No you can't swap as they are handed, if you tried swapping left out to right inner it seems to work but exposes the fixing screws on the outside. Looseness may be the circlip on the back wearing into the handle, or most often the drive rod is wearing the hole in the handle - you want to swap before that interface fails completely or you'll have bigger trouble.
About £20 from Screwfix et al.


----------



## classic33 (13 Apr 2020)

Is it just the handles that are getting " a bit dicky"?

You've the bar running through and the actual latch mechanism to consider. If it's just the handles, wear & tear through use it should be a straight swap, left to right.


----------



## smokeysmoo (13 Apr 2020)

neil_merseyside said:


> exposes the fixing screws on the outside.


See, never thought of that 

Never mesaured therse things before but everydays a school day and a quick Google seems to suggest it's the distance betwixt the screw centres, in which case mine appears to be 215mm, so presumable THESE handles would do the job then?

TVM


----------



## smokeysmoo (13 Apr 2020)

classic33 said:


> Is it just the handles that are getting " a bit dicky"?


Yes, the locks are fine  _*crosses fingers he's not just tempted the lock Gods to $h!t on his parade*_



classic33 said:


> You've the bar running through and the actual latch mechanism to consider. If it's just the handles, wear & tear through use it should be a straight swap, left to right.


I thought that, but as @neil_merseyside says, that would expose the fixing screws to the outside.


----------



## bikingdad90 (13 Apr 2020)

It’s possible to flip it round completely so the fixings are on the outside but they are a bugger to get out, you would also need to align the cover bar on the outside after you have unscrewed the locking mechanism from the middle where it is held in place. We had to have a lock change when we moved house and it took the guy a few attempts to get it perfect so all the locking points engaged.


----------



## smokeysmoo (13 Apr 2020)

bikingdad90 said:


> It’s possible to flip it round completely so the fixings are on the outside but they are a bugger to get out, you would also need to align the cover bar on the outside after you have unscrewed the locking mechanism from the middle where it is held in place. We had to have a lock change when we moved house and it took the guy a few attempts to get it perfect so all the locking points engaged.
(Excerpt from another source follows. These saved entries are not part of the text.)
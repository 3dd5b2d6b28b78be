-- ===== src/Tracker/Peers/Tests.antt =====
-- tracker/tracker.c, the list of peers: runs on lists of up to two.
use dart_sync.Base.{◌≡◌, refl, ◌⊎◌, arith, true, false, [], ◌∷◌, ok}
use dart_sync.Examples.{
  alice, alice_only, bob, cell_a, cell_b, two_peers, two_peers-IsPeers, no_peer,
}
use dart_sync.Tracker.Peers.{Peers, add_peer}
use dart_sync.Tracker.Peers.Chain.{IsPeers}
use dart_sync.Tracker.Peers.Join.{in_front, joined, add_peer_lem}

add_peer_lem_example :
    (in_front 6 (cell_a ∷ cell_b ∷ []) ≡ true)
      × (add_peer 3 48 300 two_peers 6 bob ≡ ok (false, two_peers))
    ⊎ (in_front 6 (cell_a ∷ cell_b ∷ []) ≡ false)
      × ((ps' : Peers) × (add_peer 3 48 300 two_peers 6 bob ≡ ok (true, ps'))
          × IsPeers ps' (cell_a ∷ cell_b ∷ joined 48 bob 300 6 ∷ [])
          × (ps'.closed ≡ []))
add_peer_lem_example =
    add_peer_lem 3 48 300 6 bob two_peers (cell_a ∷ cell_b ∷ []) two_peers-IsPeers (omega arith)
      refl (omega arith)

pub add_peer-alice_only : add_peer 2 16 100 no_peer 4 alice ≡ ok (true, alice_only)
unfolding add_peer
add_peer-alice_only = refl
Argh! That's got my balloon knot going 5p 50p at the prospect 🤪


----------



## Milkfloat (13 Apr 2020)

Does it feel loose in and out, or up, down, left and right? If it is just the former then there might be a destroyed plastic spacer/washer.


----------



## smokeysmoo (13 Apr 2020)

Milkfloat said:


> Does it feel loose in and out, or up, down, left and right? If it is just the former then there might be a destroyed plastic spacer/washer.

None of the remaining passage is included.